15. Patrick McNeill, D

Drafted: 4th round, 118th overall, 2005

McNeill, a 6’0 offensive defenseman, once lacked a complete game.  But in only a few seasons he managed to adapt his play to become a more all-around defender and in turn, a very solid prospect. With a combined minus-48 in his first two seasons with the Saginaw Spirit of the OHL, McNeill changed his game in the next two seasons, and improved his numbers to a combined plus-32 from 2005-07.  McNeill has the tools to be a solid NHL defenseman, but especially as a power-play specialist.  He scored a point a game in 2006-07. The 20-year-old turns pro this year.

16. Phil DeSimone, C

Drafted: 3rd round, 84th overall, 2007

Speedy forward Phil DeSimone has the offensive skills to be a potent force.  USHL Player of the Year, DeSimone made a major name for himself, scoring 73 points in 60 games in 2006-07, becoming one of the league’s top scoring threats.  The 5’11 center does not possess a great defensive game, which could be a problem as he moves up in the ranks.  But if DeSimone matures as a player, working on a more complete game, he could open eyes in the upcoming seasons and make a jump to the top of Capitals’ prospect rankings.
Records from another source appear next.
-- ===== src/Runtime/Merge/Falls.antt =====
-- Every round of the merger of merge.rs comes nearer to its end.
use flume_rs.Base.{
  ℕ, ◌+◌, ◌*◌, ◌<◌, ◌≡◌, ◌⊎◌, refl, List, [], ◌∷◌, Bool, true, false, Option, none, some, length,
  is_some, arith,
}
use flume_rs.Core.Record.{CheckpointBarrier, StreamElement, rec, watermark, checkpoint_barrier}
use flume_rs.Core.Result.{for_each}
use flume_rs.Core.Collector.{recorder}
use flume_rs.Runtime.Merge.Views.{Output}
use flume_rs.Runtime.Merge.Step.{IsValid}
use flume_rs.Runtime.Merge.{
  Side, first, second, Merge, handle_element1, handle_element2, try_flush_barriers, wait_for_1,
  wait_for_2, read_1, read_2, read_open, dispatch, round, is_done,
}

abbrev pub bit : Bool → ℕ
bit true = 1
bit false = 0

module _ {A B : Type 0} where
  -- What is left to do: two for an element, one for an open input and one for a barrier that waits.
  abbrev pub work : Merge A B → ℕ
  work m =
      2 * length m.input1
      + 2 * length m.input2
      + bit m.input1_open
      + bit m.input2_open
      + bit (is_some m.pending_barrier_from_1)
      + bit (is_some m.pending_barrier_from_2)

  read_1-falls :
      (m : Merge A B) (sent : Output A B) (xs : List (StreamElement A))
      → m.input1 ≡ xs
      → m.pending_barrier_from_1 ≡ none
      → m.input1_open ≡ true
      → work (read_1 recorder (m, sent)).1.0 < work m
  unfolding read_1 handle_element1
  read_1-falls m sent [] e p o = ground arith
  read_1-falls m sent (rec r ∷ xs) e p o = ground arith
  read_1-falls m sent (watermark w ∷ xs) e p o = ground arith
  read_1-falls m sent (checkpoint_barrier b ∷ xs) e p o = ground arith

  read_2-falls :
      (m : Merge A B) (sent : Output A B) (xs : List (StreamElement B))
      → m.input2 ≡ xs
      → m.pending_barrier_from_2 ≡ none
      → m.input2_open ≡ true
      → work (read_2 recorder (m, sent)).1.0 < work m
  unfolding read_2 handle_element2
  read_2-falls m sent [] e p o = ground arith
  read_2-falls m sent (rec r ∷ xs) e p o = ground arith
  read_2-falls m sent (watermark w ∷ xs) e p o = ground arith
  read_2-falls m sent (checkpoint_barrier b ∷ xs) e p o = ground arith

  wait_for_1-falls :
      (m : Merge A B) (sent : Output A B) (xs : List (StreamElement A)) (b : CheckpointBarrier)
      → m.input1 ≡ xs
      → m.buffer1 ≡ []
      → m.buffer2 ≡ []
      → m.pending_barrier_from_2 ≡ some b
      → m.pending_barrier_from_1 ≡ none
      → work (wait_for_1 recorder (m, sent)).1.0 < work m
  unfolding wait_for_1 handle_element1 try_flush_barriers for_each
  wait_for_1-falls m sent [] b e x y p q = ground arith
  wait_for_1-falls m sent (rec r ∷ xs) b e x y p q = ground arith
  wait_for_1-falls m sent (watermark w ∷ xs) b e x y p q = ground arith
  wait_for_1-falls m sent (checkpoint_barrier c ∷ xs) b e x y p q = ground arith

  wait_for_2-falls :
      (m : Merge A B) (sent : Output A B) (xs : List (StreamElement B)) (b : CheckpointBarrier)
      → m.input2 ≡ xs
      → m.buffer1 ≡ []
      → m.buffer2 ≡ []
      → m.pending_barrier_from_1 ≡ some b
      → m.pending_barrier_from_2 ≡ none
      → work (wait_for_2 recorder (m, sent)).1.0 < work m
  unfolding wait_for_2 handle_element2 try_flush_barriers for_each
  wait_for_2-falls m sent [] b e x y p q = ground arith
  wait_for_2-falls m sent (rec r ∷ xs) b e x y p q = ground arith
  wait_for_2-falls m sent (watermark w ∷ xs) b e x y p q = ground arith
  wait_for_2-falls m sent (checkpoint_barrier c ∷ xs) b e x y p q = ground arith

  read_open-falls :
      (choice : Side) (m : Merge A B) (sent : Output A B) (o1 o2 : Bool)
      → m.input1_open ≡ o1
      → m.input2_open ≡ o2
      → is_done m ≡ false
      → m.pending_barrier_from_1 ≡ none
      → m.pending_barrier_from_2 ≡ none
      → work (read_open recorder choice o1 o2 (m, sent)).1.0 < work m
  read_open-falls first m sent true true d e n p q = read_1-falls m sent m.input1 refl p d
  read_open-falls second m sent true true d e n p q = read_2-falls m sent m.input2 refl q e
  read_open-falls choice m sent true false d e n p q = read_1-falls m sent m.input1 refl p d
  read_open-falls choice m sent false true d e n p q = read_2-falls m sent m.input2 refl q e
  read_open-falls choice m sent false false d e n p q = absurd (ground arith)

  dispatch-falls :
      (choice : Side) (m : Merge A B) (sent : Output A B) (p1 p2 : Option CheckpointBarrier)
      → m.pending_barrier_from_1 ≡ p1
      → m.pending_barrier_from_2 ≡ p2
      → (p1 ≡ none) ⊎ (p2 ≡ none)
      → m.buffer1 ≡ []
      → m.buffer2 ≡ []
      → is_done m ≡ false
      → work (dispatch recorder choice p1 p2 (m, sent)).1.0 < work m
  dispatch-falls choice m sent none none p q w x y n =
      read_open-falls choice m sent m.input1_open m.input2_open refl refl n p q
  dispatch-falls choice m sent none (some b) p q w x y n =
      wait_for_1-falls m sent m.input1 b refl x y q p
  dispatch-falls choice m sent (some b) none p q w x y n =
      wait_for_2-falls m sent m.input2 b refl x y p q
  dispatch-falls choice m sent (some b) (some c) p q w x y n = absurd (ground arith)

  pub round-falls :
      (all1 : List (StreamElement A)) (all2 : List (StreamElement B)) (choice : Side)
      (m : Merge A B) (sent : Output A B)
      → IsValid all1 all2 m sent
      → is_done m ≡ false
      → work (round recorder choice (m, sent)).1.0 < work m
  unfolding round
  round-falls all1 all2 choice m sent v n =
      dispatch-falls choice m sent m.pending_barrier_from_1 m.pending_barrier_from_2 refl refl
        v.one_waits v.unbuffered1 v.unbuffered2 n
He begins at the University of New Hampshire this fall.

17. Sasha Pokulok, D

Drafted: 1st round, 14th overall, 2005

Polulok, 6’4, has the tools necessary to become a solid, well-rounded defender at the professional level.  But suffering a debilitating concussion early in the 2006-07 season with the Hershey Bears, and a second one shortly after recovering from the first, have put Pokulok’s career in jeopardy.  Pokulok’s use of his size, matched with his good stickhandling ability, made him one of the best defensive prospects in the Capitals’ system before the injuries.  If Pokulok stayed healthy throughout the 2006-07 season it would be very likely that he would be contending for a job in the NHL.  But now, a good season will just mean staying healthy throughout. 

18. Andrew Gordon, RW

Drafted: 7th round, 197th overall, 2004

Gordon is more than meets the eye.  At 5’11 180, he plays like a much bigger player and is surprisingly tough.  With quick hands and agile skating ability, Gordon is a consistent scoring threat whenever he is on the ice.  With 22 goals and 23 assists in 39 games with a good St. Cloud State team, Gordon was voted WCHA Player of the Week three times and was selected first-team All-WCHA.  Gordon will forgo his senior year at St. Cloud to turn pro in 2007-08.  With the rare combination of high energy, toughness and skill Gordon possesses, he could prove to be one of the biggest sleepers in training camp.

19. Sami Lepisto, D

Drafted: 3rd round, 66th overall, 2004

Lepisto started off his career well with two back-to-back solid years in Finland before injuries slowed his pace.  Known as one of the best young defensemen in Finland, Lepisto has not yet made the transition to North America which has slowed his development. Playing in only 26 games in the 2006-07 season due to nagging injuries, Lepisto is a very good offensive defenseman when healthy.  Cool and calm under pressure, Lepisto can stickhandle through traffic and make solid passes consistently.  Much like other young offensive blue liners, Lepisto is lacking a solid two-way game, as well as the strength needed to win crucial battles along the boards.  A move to the AHL should help cure some of Lepisto’s strength issues while also making him a more solid defender in the long run. But do not expect to see him in a Capitals’ uniform until then.

20. Travis Morin, C

Drafted: 9th round, 263rd overall, 2004

A ninth-round draft surprise, Morin has developed into a very good complete forward.  With 17 goals and 22 assists in 38 games, Morin proved he could play with the top players the NCAA has to offer.  Morin is a clutch player who logged a ton of minutes in college.  A very solid power-play presence, Morin is an excellent puck handler.  He will need to build some more muscle mass before he can be as effective at the professional level as he was at the NCAA level.  Expect to see Morin in Hershey for the 2007-08 season.